When you find out a legit answer, let me know. I am not that far from you and have been wondering the same thing. If I find out anything, I will let you know.


----------



## SuburbanFarmChic

quiltnchik said:
			
		

> SuburbanFarmChic said:
> 
> 
> 
> 
> The way to get around that is you sell the rabbit live and provide butchering as a free service.
> 
> If you are selling straight up meat.. then yes, it needs to have the USDA stamp unless you are offering it for pet use I believe.  Your state may vary on regs for pet use products.
> 
> 
> 
> Check your state laws.  Some states mandate that you cannot provide any type of butchering service.  Better to be safe than sorry.
Click to expand...

Yeah, meant to phrase that differently to indicate to check for both.  In WV if you are processing under 1000 a year you can process and sell but need to keep track of your own everything and you are recorded but not inspected. Something like that.


----------



## ClintDowns

Thanks to all. I am still trying to find "Texas" specific.


----------



## AZ Rabbits

Selling rabbit meat for human consumption gets pricey with inspections and legal requirements (varying from state to state of course). That's why very few do it.

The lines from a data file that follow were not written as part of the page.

-- ===== src/Projections/Merge/Outcome.antt =====
-- What a whole `merge_persons` gives: that it does not fail, and whom it never joins.
use hoglet.Prelude.{
  String, ◌≡◌, refl, sym, ◌≢◌, ◌⊎◌, inl, inr, false, ◌&&◌, some, arith, eq_iff, if◌then◌else◌,
  Bool-cases, ◌==◌, nat_eq, string_eq, ok, list_eq,
}
use hoglet.Projections.Store.{Person, Tables, resolve, person_of}
use hoglet.Projections.Views.{IsConsistent}
use hoglet.Projections.Merge.{
  MergeGuard, merged, fold_into, fold_persons, guarded, merge_ids, refuse_identified_source,
  refuse_both_identified, always,
}
use hoglet.Projections.Merge.Folded.{Folded, fold_into-Folded}

-- Whom the guard lets through.
abbrev pub Allows : MergeGuard → Person → Person → Type 0
Allows guard a b = (guard ≡ always) ⊎ ((a.is_identified && b.is_identified) ≡ false)

-- One person is folded into the other, as the guard allows.
pub record Joined (t t' : Tables) (project_id winner loser : String) (guard : MergeGuard)
    : Type 0 where
  pub winner_row : Person
  pub loser_row : Person
  pub row : Person
  pub wins : person_of t project_id winner ≡ some winner_row
  pub loses : person_of t project_id loser ≡ some loser_row
  pub apart : winner ≢ loser
  pub allowed : Allows guard winner_row loser_row
  pub joined : Folded t t' project_id winner loser row

abbrev pub Outcome : Tables → Tables → String → String → String → MergeGuard → Type 0
Outcome t t' project_id winner loser guard =
    ((t' ≡ t) × ((winner ≡ loser) ⊎ (guard ≢ always)))
    ⊎ Joined t t' project_id winner loser guard
    ⊎ Joined t t' project_id loser winner guard

module _ (t : Tables) (project_id winner : String) (winner_row : Person) (loser : String)
    (loser_row : Person) where
  fold_persons-rows :
      person_of t project_id winner ≡ some winner_row
      → person_of t project_id loser ≡ some loser_row
      → fold_persons t project_id winner loser
        ≡ ok (fold_into t project_id winner winner_row loser loser_row)
  unfolding fold_persons
  fold_persons-rows w l = rw (w, l) refl

module _ (t : Tables) (project_id winner : String) (winner_row : Person) (loser : String)
    (loser_row : Person) (guard : MergeGuard) where
  merge_ids-rows :
      winner ≢ loser
      → person_of t project_id winner ≡ some winner_row
      → person_of t project_id loser ≡ some loser_row
      → merge_ids t project_id winner loser guard ≡ (
          if loser_row.is_identified
          then guarded t project_id winner loser guard
          else fold_persons t project_id winner loser)
  unfolding merge_ids
  merge_ids-rows apart w l = ground (arith, eq_iff winner loser)

module _ (t : Tables) (project_id winner : String) (winner_row : Person) (loser : String)
    (loser_row : Person) where
  guarded-refuses_both :
      person_of t project_id winner ≡ some winner_row
      → guarded t project_id winner loser refuse_both_identified
        ≡ (if winner_row.is_identified then ok t else fold_persons t project_id loser winner)
  unfolding guarded
  guarded-refuses_both w = rw (w) refl

  merge_ids-cases :
      (guard : MergeGuard)
      → winner ≢ loser
      → person_of t project_id winner ≡ some winner_row
      → person_of t project_id loser ≡ some loser_row
      → ((guard ≢ always) × (merge_ids t project_id winner loser guard ≡ ok t))
        ⊎ (Allows guard winner_row loser_row
            × (merge_ids t project_id winner loser guard
                ≡ ok (fold_into t project_id winner winner_row loser loser_row)))
        ⊎ (Allows guard loser_row winner_row
            × (merge_ids t project_id winner loser guard
                ≡ ok (fold_into t project_id loser loser_row winner winner_row)))
  unfolding guarded
  merge_ids-cases refuse_identified_source apart w l = ground (
    arith,
    merge_ids-rows t project_id winner winner_row loser loser_row refuse_identified_source apart w
        l,
    fold_persons-rows t project_id winner winner_row loser loser_row w l,
  )
  merge_ids-cases refuse_both_identified apart w l = ground (
    arith,
    merge_ids-rows t project_id winner winner_row loser loser_row refuse_both_identified apart w l,
    guarded-refuses_both w,
    fold_persons-rows t project_id winner winner_row loser loser_row w l,
    fold_persons-rows t project_id loser loser_row winner winner_row l w,
  )
  merge_ids-cases always apart w l = ground (
    arith,
    merge_ids-rows t project_id winner winner_row loser loser_row always apart w l,
    fold_persons-rows t project_id winner winner_row loser loser_row w l,
  )

module _ (t : Tables) (project_id winner loser : String) (guard : MergeGuard) where
  pub merge_ids-Outcome :
      IsConsistent t
      → resolve t project_id winner ≡ some winner
      → resolve t project_id loser ≡ some loser
      → (t' : Tables) × (merge_ids t project_id winner loser guard ≡ ok t')
        × IsConsistent t'
        × Outcome t t' project_id winner loser guard
  unfolding merge_ids
  merge_ids-Outcome c found_w found_l = elim (Bool-cases (winner == loser)) [
    | inl same ↦ (t, rw (same) refl, c, inl (refl, inl (ground (arith, eq_iff winner loser))))
    | inr differ ↦
        let (wr, w) = c.leads project_id winner winner found_w in
        let (lr, l) = c.leads project_id loser loser found_l in
        let apart : winner ≢ loser = λ e. ground (arith, eq_iff winner loser) in
        elim (merge_ids-cases t project_id winner wr loser lr guard apart w l) [
          | inl (careful, kept) ↦ (t, kept, c, inl (refl, inr careful))
          | inr (inl (allowed, joined)) ↦
              let f = fold_into-Folded t project_id winner wr loser lr c apart w in
              (
                fold_into t project_id winner wr loser lr,
                joined,
                f.consistent,
                inr (
                    inl (record {
                      winner_row = wr;
                      loser_row = lr;
                      row = merged wr lr;
                      wins = w;
                      loses = l;
                      apart = apart;
                      allowed = allowed;
                      joined = f;
                    })),
              )
          | inr (inr (allowed, joined)) ↦
              let f = fold_into-Folded t project_id loser lr winner wr c (λ e. apart (sym e)) l in
              (
                fold_into t project_id loser lr winner wr,
                joined,
                f.consistent,
                inr (
                    inr (record {
                      winner_row = lr;
                      loser_row = wr;
                      row = merged lr wr;
                      wins = l;
                      loses = w;
                      apart = λ e. apart (sym e);
                      allowed = allowed;
                      joined = f;
                    })),
              )
        ]
  ]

One suggestions would be to find a local butcher shop and see if they want to do a joint venture with you. You could use their facility, license, etc and share some of the profits. Just a thought...


----------



## smiles-n-sunshine

SuburbanFarmChic said:
			
		

> The way to get around that is you sell the rabbit live and provide butchering as a free service.
> 
> If you are selling straight up meat.. then yes, it needs to have the USDA stamp unless you are offering it for pet use I believe.  Your state may vary on regs for pet use products.

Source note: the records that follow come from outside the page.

-- ===== src/Projections/Merge/Joins.antt =====
-- What `merge_persons` promises its callers.
use hoglet.Prelude.Map.{==_refl}
use hoglet.Prelude.{
  String, ◌≡◌, refl, ◌≢◌, inl, inr, true, some, arith, eq_iff, nat_eq, string_eq, ok, list_eq,
}
use hoglet.Prelude.Int.{ℤ}
use hoglet.Projections.Store.{TimeFormat, Person, Tables, resolve}
use hoglet.Projections.Views.{IsConsistent, Ensured, ensure_person-Ensured}
use hoglet.Projections.Merge.{MergeGuard, merge_persons, always, person_of}
use hoglet.Projections.Merge.Folded.{Folded}
use hoglet.Projections.Merge.Outcome.{Outcome, merge_ids-Outcome, Joined}

IsConsistent-own_id :
    {t : Tables} (p d i : String) → IsConsistent t → resolve t p d ≡ some i → resolve t p i ≡ some i
IsConsistent-own_id p d i c h = let (row, found) = c.leads p d i h in c.own p i row found

-- The steps of one `merge_persons`.
pub record Steps (t t' : Tables) (project_id losing winning : String) (guard : MergeGuard)
    : Type 0 where
  pub after_winner : Tables
  pub after_loser : Tables
  pub winner : String
  pub loser : String
  pub found_winner : Ensured t after_winner project_id winning winner
  pub found_loser : Ensured after_winner after_loser project_id losing loser
  pub outcome : Outcome after_loser t' project_id winner loser guard

module _ (time : TimeFormat) (t : Tables) (project_id losing winning : String) (timestamp : ℤ)
    (guard : MergeGuard) where
  pub merge_persons-Steps :
      IsConsistent t
      → (t' : Tables) × (merge_persons time t project_id losing winning timestamp guard ≡ ok t')
        × IsConsistent t'
        × Steps t t' project_id losing winning guard
  unfolding merge_persons
  merge_persons-Steps c =
      let (a, w, runs_a, fa) = ensure_person-Ensured time t project_id winning timestamp c in
      let (b, l, runs_b, fb) =
        ensure_person-Ensured time a project_id losing timestamp fa.consistent in
      let own_w =
        fb.keeps_ids project_id w w
          (IsConsistent-own_id project_id winning w fa.consistent fa.resolves) in
      let own_l = IsConsistent-own_id project_id losing l fb.consistent fb.resolves in
      let (t', runs, c', outcome) =
        merge_ids-Outcome b project_id w l guard fb.consistent own_w own_l in
      (
        t',
        rw (runs_a, runs_b, runs) refl,
        c',
        record {
          after_winner = a;
          after_loser = b;
          winner = w;
          loser = l;
          found_winner = fa;
          found_loser = fb;
          outcome = outcome;
        },
      )

Joined-keeps_apart :
    {t t' : Tables} (p winner loser : String) (guard : MergeGuard) (a b i j : String)
    (row_i row_j : Person)
    → Joined t t' p winner loser guard
    → guard ≢ always
    → resolve t p a ≡ some i
    → resolve t p b ≡ some j
    → i ≢ j
    → person_of t p i ≡ some row_i
    → person_of t p j ≡ some row_j
    → row_i.is_identified ≡ true
    → row_j.is_identified ≡ true
    → resolve t' p a ≢ resolve t' p b
Joined-keeps_apart {t} {t'} p winner loser guard a b i j row_i row_j pair careful at bt apart ti tj
      yi yj e =
    let f = pair.joined in
    let wins = pair.wins in
    let loses = pair.loses in
    let allowed = pair.allowed in
    let differ = pair.apart in
    let moves_a = rw (at) at (f.ids p a) in
    let moves_b = rw (bt) at (f.ids p b) in
    ground (
      arith,
      moves_a,
      moves_b,
      eq_iff i loser,
      eq_iff j loser,
      eq_iff i winner,
      eq_iff j winner,
      ==_refl p,
    )

Folded-joins :
    {t t' : Tables} (p winner loser : String) (row : Person) (a b : String)
    → Folded t t' p winner loser row
    → winner ≢ loser
    → resolve t p a ≡ some winner
    → resolve t p b ≡ some loser
    → (resolve t' p a ≡ some winner) × (resolve t' p b ≡ some winner)
Folded-joins p winner loser row a b f apart at bt = (
  rw (f.ids p a, at) (ground (arith, eq_iff winner loser)),
  rw (f.ids p b, bt) (ground (arith, ==_refl p, ==_refl loser)),
)

Outcome-joins :
    {t t' : Tables} (p winner loser : String) (a b : String)
    → Outcome t t' p winner loser always
    → resolve t p a ≡ some winner
    → resolve t p b ≡ some loser
    → (person_id : String) × (resolve t' p a ≡ some person_id) × (resolve t' p b ≡ some person_id)
Outcome-joins p winner loser a b (inl (same, inl one)) at bt =
    (winner, rw (same) at, rw (same, one) bt)
Outcome-joins p winner loser a b (inl (same, inr careful)) at bt = absurd (careful refl)
Outcome-joins p winner loser a b (inr (inl j)) at bt =
    let (x, y) = Folded-joins p winner loser j.row a b j.joined j.apart at bt in (winner, x, y)
Outcome-joins p winner loser a b (inr (inr j)) at bt =
    let (y, x) = Folded-joins p loser winner j.row b a j.joined j.apart bt at in (loser, x, y)

module _ (time : TimeFormat) (t : Tables) (project_id losing winning : String) (timestamp : ℤ) where
  -- A `$merge_dangerously` of consistent tables succeeds, keeps them consistent, and leaves the two
  -- distinct ids with the same person.
  pub merge_persons-joins :
      IsConsistent t
      → (t' : Tables) × (merge_persons time t project_id losing winning timestamp always ≡ ok t')
        × IsConsistent t'
        × (person_id : String) × (resolve t' project_id winning ≡ some person_id)
        × (resolve t' project_id losing ≡ some person_id)
  merge_persons-joins c =
      let (t', runs, c', s) =
        merge_persons-Steps time t project_id losing winning timestamp always c in
      let win = s.found_loser.keeps_ids project_id winning s.winner s.found_winner.resolves in
      let lose = s.found_loser.resolves in
      let (person_id, a, b) =
        Outcome-joins project_id s.winner s.loser winning losing s.outcome win lose in
      (t', runs, c', person_id, a, b)

Outcome-keeps_apart :
    {t t' : Tables} (p winner loser : String) (guard : MergeGuard) (a b i j : String)
    (row_i row_j : Person)
    → Outcome t t' p winner loser guard
    → guard ≢ always
    → resolve t p a ≡ some i
    → resolve t p b ≡ some j
    → i ≢ j
    → person_of t p i ≡ some row_i
    → person_of t p j ≡ some row_j
    → row_i.is_identified ≡ true
    → row_j.is_identified ≡ true
    → resolve t' p a ≢ resolve t' p b
Outcome-keeps_apart p w l g a b i j ri rj (inl (same, _)) careful at bt apart ti tj yi yj =
    rw (same) (λ e. ground arith)
Outcome-keeps_apart p w l g a b i j ri rj (inr (inl pair)) careful at bt apart ti tj yi yj =
    Joined-keeps_apart p w l g a b i j ri rj pair careful at bt apart ti tj yi yj
Outcome-keeps_apart p w l g a b i j ri rj (inr (inr pair)) careful at bt apart ti tj yi yj =
    Joined-keeps_apart p l w g a b i j ri rj pair careful at bt apart ti tj yi yj

-- A merge of consistent tables whose guard is not `Always` (`$identify`, `$create_alias`) succeeds and
-- never joins two identified persons: two distinct ids of the project that lead to different identified
-- persons before the merge do so after it.
pub merge_persons-keeps_apart :
    (time : TimeFormat) (t : Tables) (project_id losing winning : String) (timestamp : ℤ)
    (guard : MergeGuard) (a b i j : String) (row_i row_j : Person)
    → IsConsistent t
    → guard ≢ always
    → resolve t project_id a ≡ some i
    → resolve t project_id b ≡ some j
    → i ≢ j
    → person_of t project_id i ≡ some row_i
    → person_of t project_id j ≡ some row_j
    → row_i.is_identified ≡ true
    → row_j.is_identified ≡ true
    → (t' : Tables) × (merge_persons time t project_id losing winning timestamp guard ≡ ok t')
      × IsConsistent t'
      × (resolve t' project_id a ≢ resolve t' project_id b)
merge_persons-keeps_apart time t p losing winning ts guard a b i j ri rj c careful at bt apart ti tj
      yi yj =
    let (t', runs, c', s) = merge_persons-Steps time t p losing winning ts guard c in
    let f = s.found_winner in
    let g = s.found_loser in
    (
      t',
      runs,
      c',
      Outcome-keeps_apart p s.winner s.loser guard a b i j ri rj s.outcome careful
          (g.keeps_ids p a i (f.keeps_ids p a i at)) (g.keeps_ids p b j (f.keeps_ids p b j bt))
          apart (g.keeps_persons p i ri (f.keeps_persons p i ri ti))
          (g.keeps_persons p j rj (f.keeps_persons p j rj tj)) yi yj,
    )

X2!  Last year I brought live rabbits to our farmers market one week, and delivered dressed rabbits the following week.  Word got around, and now I have repeat customers and usually have a waiting list.

My understanding is the USDA does not require inspection of rabbit meat.  I keep one of these with me:  http://www.fsis.usda.gov/Fact_Sheets/Rabbit_from_Farm_to_Table/index.asp 

Being curious, I searched the Texas Department of Agriculture site, and rabbits did not come up.


----------



## AZ Rabbits

smiles-n-sunshine said:
			
		

> My understanding is the USDA does not require inspection of rabbit meat.


I think it depends. Some locations, according to my understanding, is that both USDA and FDA may require inspections. Some do not. If it does, the costs are so great that it makes it near impossible to sell meat and make a profit.


			
				smiles-n-sunshine said:
			
		

> Being curious, I searched the Texas Department of Agriculture site, and rabbits did not come up.


I think that's part of the problem. There is a lack of "rules and regulations" from the departments that interpretation can swing both ways... both extremely over-regulated and then without any clear regulations at all. And when they do clearly define the regulations, it will bite us in the backside. But without it, it's hard to do anything safely. It's almost a catch 22.

I think if you were to have a small underground market of friends and associates, that would be the only realistic market in many areas. It's a delicate area, for sure...


----------



## Snowfie

Also keep in mind that you don't have to just sell rabbits for human consumption.  There's a market of people who give their dogs/cats/reptiles "raw food" diets that will be happy to buy fresh rabbit meat (or in the case of reptiles, whole rabbit carcases)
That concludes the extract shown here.